The substrate uses PydanticAI under `sibyl_core.ai`, with provider API keys passed
through provider objects rather than mutating `os.environ`. `Extractor[T]` handles
structured output and classified LLM errors. `Generator` handles text generation and
streaming. Surface-specific config is resolved through an `LLMConfigSource` so the API
can supply database-backed settings while core stays pure.

## Entity Types

Sibyl models a broad set of entity types so memory stays structured.
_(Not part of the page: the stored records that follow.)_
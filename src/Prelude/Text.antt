-- ===== src/Prelude/Text.antt =====
-- Text as a list of bytes: the `<cctype>` and `<cstring>` functions that the program calls, in
-- the "C" locale. A C string is the bytes before its terminating NUL.
use Prim.Native.Char.{code}
use Prim.Native.String.{String}
use Prim.Native.Nat.{ℕ, ◌+◌, ◌-◌}
use mathlib.Core.Path.{◌≡◌, refl}
use mathlib.Core.Logic.{◌≢◌}
use mathlib.Core.Bool.{Bool, true, false, ◌&&◌, ◌||◌}
use mathlib.Core.List.{List, [], ◌∷◌, ◌++◌, map}
use native.Mathlib.Omega.{arith}
use spartan_launcher.Prelude.Tests.{leb, ◌==◌, if◌then◌else◌}
use spartan_launcher.Prelude.Lists.{All}

abbrev pub Bytes : Type 0
Bytes = List ℕ

-- The code points of a literal; these are its bytes, for the text is ASCII.
abbrev pub codes : String → Bytes
codes String.[] = []
codes (String.◌∷◌ c s) = code c ∷ codes s

-- The byte does not occur in the text.
abbrev pub Lacks : ℕ → Bytes → Type 0
Lacks b = All (λ c. c ≢ b)

abbrev pub is_empty {ℓ} : {A : Type ℓ} → List A → Bool
is_empty [] = true
is_empty (_ ∷ _) = false

-- `strcmp(a, b) == 0`
unfoldable pub same_text : Bytes → Bytes → Bool
same_text a [] = is_empty a
same_text [] (d ∷ b) = false
same_text (c ∷ a) (d ∷ b) = if c == d then same_text a b else false

-- `strncmp(a, prefix, strlen(prefix)) == 0`
unfoldable pub starts_with : Bytes → Bytes → Bool
starts_with a [] = true
starts_with [] (_ ∷ _) = false
starts_with (x ∷ xs) (y ∷ ys) = x == y && starts_with xs ys

abbrev pub to_lower : ℕ → ℕ
to_lower c = if leb b'A' c && leb c b'Z' then c + 32 else c

abbrev pub to_upper : ℕ → ℕ
to_upper c = if leb b'a' c && leb c b'z' then c - 32 else c

abbrev pub is_space : ℕ → Bool
is_space c = c == 32 || (leb 9 c && leb c 13)

abbrev pub is_digit : ℕ → Bool
is_digit c = leb b'0' c && leb c b'9'

unfoldable pub lower : Bytes → Bytes
lower s = map to_lower s

-- `strcasecmp(a, b) == 0`
unfoldable pub iequal : Bytes → Bytes → Bool
unfolding same_text lower
iequal a b = same_text (lower a) (lower b)

-- `strncasecmp(a, prefix, strlen(prefix)) == 0`
unfoldable pub istarts_with : Bytes → Bytes → Bool
unfolding starts_with lower
istarts_with a b = starts_with (lower a) (lower b)

pub same_text_self : (a : Bytes) → same_text a a ≡ true
unfolding same_text
same_text_self [] = refl
same_text_self (c ∷ a) = ground (arith, same_text_self a)

pub same_text→eq : (a b : Bytes) → same_text a b ≡ true → a ≡ b
unfolding same_text
same_text→eq [] [] h = refl
same_text→eq (c ∷ a) [] h = ground arith
same_text→eq [] (d ∷ b) h = ground arith
same_text→eq (c ∷ a) (d ∷ b) h = ground (arith, same_text→eq a b)

pub starts_with-append : (a b : Bytes) → starts_with (a ++ b) a ≡ true
unfolding starts_with
starts_with-append [] b = refl
starts_with-append (x ∷ a) b = ground (arith, starts_with-append a b)

to_lower_idem : (c : ℕ) → to_lower (to_lower c) ≡ to_lower c
to_lower_idem c = ground arith

pub lower_idem : (s : Bytes) → lower (lower s) ≡ lower s
unfolding lower
lower_idem [] = refl
lower_idem (c ∷ s) = ground (arith, to_lower_idem c, lower_idem s)

-- The byte to stand for `from` becomes `to`, as `std::replace` does it.
unfoldable pub replace : ℕ → ℕ → Bytes → Bytes
replace from to [] = []
replace from to (c ∷ s) = (if c == from then to else c) ∷ replace from to s

pub replace-Lacks : (from to : ℕ) (s : Bytes) → from ≢ to → Lacks from (replace from to s)
unfolding replace
replace-Lacks from to [] h = tt
replace-Lacks from to (c ∷ s) h = ground (arith, replace-Lacks from to s)
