-- ===== src/Capture.antt =====
-- Capturing what a call writes to stdout and stderr: src/main/cpp/StdOutCapture.cpp. The program
-- uses it for the description of Java exceptions. What the system calls give is a parameter.
pub mod Restored
use spartan_launcher.Prelude.{
  ℕ, Bool, true, false, not, ◌&&◌, Option, none, some, List, [], ◌∷◌, ◌++◌, ◌==◌, if◌then◌else◌,
  Bytes,
}

-- Where a descriptor leads: to what it did before, or into the pipe.
pub data Target : Type 0 where
  before pipe : Target

-- What the object holds, and where stdout and stderr lead.
pub record Capture : Type 0 where
  pub stdout : Target
  pub stderr : Target
  pub is_capturing : Bool

-- What a `read` of the pipe gives: bytes, 0 or `EAGAIN`, or another error.
pub data PipeRead : Type 0 where
  some_bytes : Bytes → PipeRead
  no_more failed : PipeRead

-- What the calls give: whether the constructor's succeed, each `dup2` in turn (that of the branch
-- where another failed included), whether the action throws, and the reads.
pub record Calls : Type 0 where
  pub made : Bool
  pub start_stdout : Bool
  pub start_stderr : Bool
  pub action_returns : Bool
  pub reads : List PipeRead
  pub stop_stdout : Bool
  pub stop_stderr : Bool
  pub stop_stderr_failing : Bool
  pub end_stdout : Bool
  pub end_stderr : Bool

abbrev pub new_capture : Capture
new_capture = record { stdout = before; stderr = before; is_capturing = false }

-- `dup2` onto a descriptor.
abbrev pub dup2 : Bool → Target → Target → Target
dup2 true to from = to
dup2 false to from = from

-- `start_capture`: whether it returns, and the state.
unfoldable pub start_capture : Calls → Capture → Bool × Capture
start_capture calls c =
    if c.is_capturing
    then (true, c)
    else if not calls.start_stdout
    then (false, c)
    else if not calls.start_stderr
    then (false, record c { stdout = pipe })
    else (true, record { stdout = pipe; stderr = pipe; is_capturing = true })

-- The text of a buffer, as a C string.
unfoldable pub c_str : Bytes → Bytes
c_str [] = []
c_str (b ∷ buf) = let rest = c_str buf in if b == 0 then [] else b ∷ rest

-- `get_capture`: what the reads give; `none` is its exception. Behind those that are listed, the
-- pipe has no more.
unfoldable pub get_capture : Bytes → List PipeRead → Option Bytes
get_capture capture_buf [] = some capture_buf
get_capture capture_buf (some_bytes [] ∷ reads) = some capture_buf
get_capture capture_buf (some_bytes (b ∷ buf) ∷ reads) =
    get_capture (capture_buf ++ c_str (b ∷ buf)) reads
get_capture capture_buf (no_more ∷ reads) = some capture_buf
get_capture capture_buf (failed ∷ reads) = none

-- `stop_capture`
unfoldable pub stop_capture : Calls → Capture → Bool × Capture
stop_capture calls c =
    if not c.is_capturing
    then (true, c)
    else if not calls.stop_stdout
    then (
      false,
      record c { stderr = dup2 calls.stop_stderr_failing before c.stderr; is_capturing = false },
    )
    else (
      calls.stop_stderr,
      record {
        stdout = before;
        stderr = dup2 calls.stop_stderr before c.stderr;
        is_capturing = false;
      },
    )

-- `~StdOutCapture`
unfoldable pub destroyed : Calls → Capture → Capture
destroyed calls c =
    if c.is_capturing
    then record {
      stdout = dup2 calls.end_stdout before c.stdout;
      stderr = dup2 calls.end_stderr before c.stderr;
      is_capturing = false;
    }
    else c

-- The text, or `none` for an exception; and where stdout and stderr lead behind the destructor.
abbrev pub Captured : Type 0
Captured = Option Bytes × Capture

abbrev pub after_stop : Calls → Bytes → Bool × Capture → Captured
after_stop calls text (stopped, c) = (if stopped then some text else none, destroyed calls c)

abbrev pub after_get : Calls → Capture → Option Bytes → Captured
after_get calls c none = (none, destroyed calls c)
after_get calls c (some text) = after_stop calls text (stop_capture calls c)

abbrev pub after_start : Calls → Bool × Capture → Captured
after_start calls (started, c) =
    if started && calls.action_returns
    then after_get calls c (get_capture [] calls.reads)
    else (none, destroyed calls c)

-- `capture_stdout_stderr`
unfoldable pub capture_stdout_stderr : Calls → Captured
capture_stdout_stderr calls =
    if calls.made then after_start calls (start_capture calls new_capture) else (none, new_capture)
The registry
lives in `models/entities.py` and covers, among others:

- **Work:** `task`, `epic`, `project`, `milestone`
- **Knowledge:** `pattern`, `episode`, `procedure`, `rule`, `guide`, `error_pattern`
- **Memory:** `decision`, `plan`, `idea`, `claim`, `artifact`, `session`, `note`
- **Sources:** `source`, `document`, `domain`, `community`

## Relationship Types

```python
from sibyl_core.models import RelationshipType

# Knowledge
RelationshipType.APPLIES_TO, REQUIRES, CONFLICTS_WITH, SUPERSEDES

# Task
RelationshipType.BELONGS_TO, DEPENDS_ON, BLOCKS, REFERENCES
```

## Configuration

```bash
SIBYL_LLM_PROVIDER=anthropic          # anthropic | openai
SIBYL_LLM_MODEL=claude-haiku-4-5
SIBYL_LLM_TEMPERATURE=0
SIBYL_LLM_MAX_TOKENS=2048
SIBYL_LLM_TIMEOUT_SECONDS=60

# Surface-specific values override shared LLM values.
SIBYL_LLM_CRAWLER_PROVIDER=gemini
SIBYL_LLM_CRAWLER_MODEL=gemini-3-1-flash-lite
SIBYL_LLM_SYNTHESIS_PROVIDER=anthropic
SIBYL_LLM_SYNTHESIS_MODEL=claude-sonnet-4-6

SIBYL_ANTHROPIC_API_KEY=...           # LLM provider key
SIBYL_OPENAI_API_KEY=sk-...           # LLM or embedding provider key
SIBYL_GEMINI_API_KEY=...              # LLM or embedding provider key

SIBYL_EMBEDDING_PROVIDER=openai       # openai | gemini
SIBYL_EMBEDDING_MODEL=text-embedding-3-small
SIBYL_EMBEDDING_DIMENSIONS=1536
SIBYL_GRAPH_EMBEDDING_PROVIDER=openai
SIBYL_GRAPH_EMBEDDING_MODEL=text-embedding-3-small
SIBYL_GRAPH_EMBEDDING_DIMENSIONS=1024
```

LLM settings are instance-wide. Environment variables win over database settings and
mark individual fields as locked.

Gemini keys can also come from `GEMINI_API_KEY` or `GOOGLE_API_KEY`. Changing embedding
provider, model, or dimensions requires re-embedding existing graph and document
vectors before comparing old and new search results.

To add a first-class LLM provider, add a provider factory branch in
`sibyl_core.ai.providers`, add registry entries in `sibyl_core.ai.registry`, extend
`LLMProviderName` and the API DTOs, and add a live probe to
`scripts/llm/verify_registry.py`.

## Key Patterns

**Multi-tenancy:** Every operation requires org context.

```python
manager = EntityManager(client, group_id=str(org.id))
```

**Node shapes:** Native retrieval queries direct Surreal records and projectable
legacy `Episodic`/`Entity` records.

```cypher
WHERE (n:Episodic OR n:Entity) AND n.entity_type = $type
```

**Creation paths:** direct native writes first, compatibility extraction when
explicitly needed.

```python
await manager.create_direct(entity)  # Native write path, no LLM
await manager.create(entity)         # Compatibility extraction path
```

## Legacy Compatibility

Legacy Graphiti-shaped records remain readable through Sibyl-owned Surreal
projection and archive code. The package no longer exposes a Graphiti
compatibility extra or installs the Graphiti Core package.

## Testing

```bash
# With mock LLM (fast, deterministic)
SIBYL_MOCK_LLM=true uv run pytest tests/

# Live model tests (costs money)
uv run pytest tests/live --live-models

# Retrieval benchmark suite
moon run core:bench-retrieval

# Live read-only search benchmark against a running stack
moon run core:bench-live

# Live context-pack smoke benchmark
moon run core:bench-context
```

`core:bench-live` probes the real `/api/search` path with CLI auth. `core:bench-context`
probes `/api/context/pack`. Both benchmarks are read-only. Saved reports can be compared
with `uv run python benchmarks/compare_eval_reports.py <baseline.json> <candidate.json>`.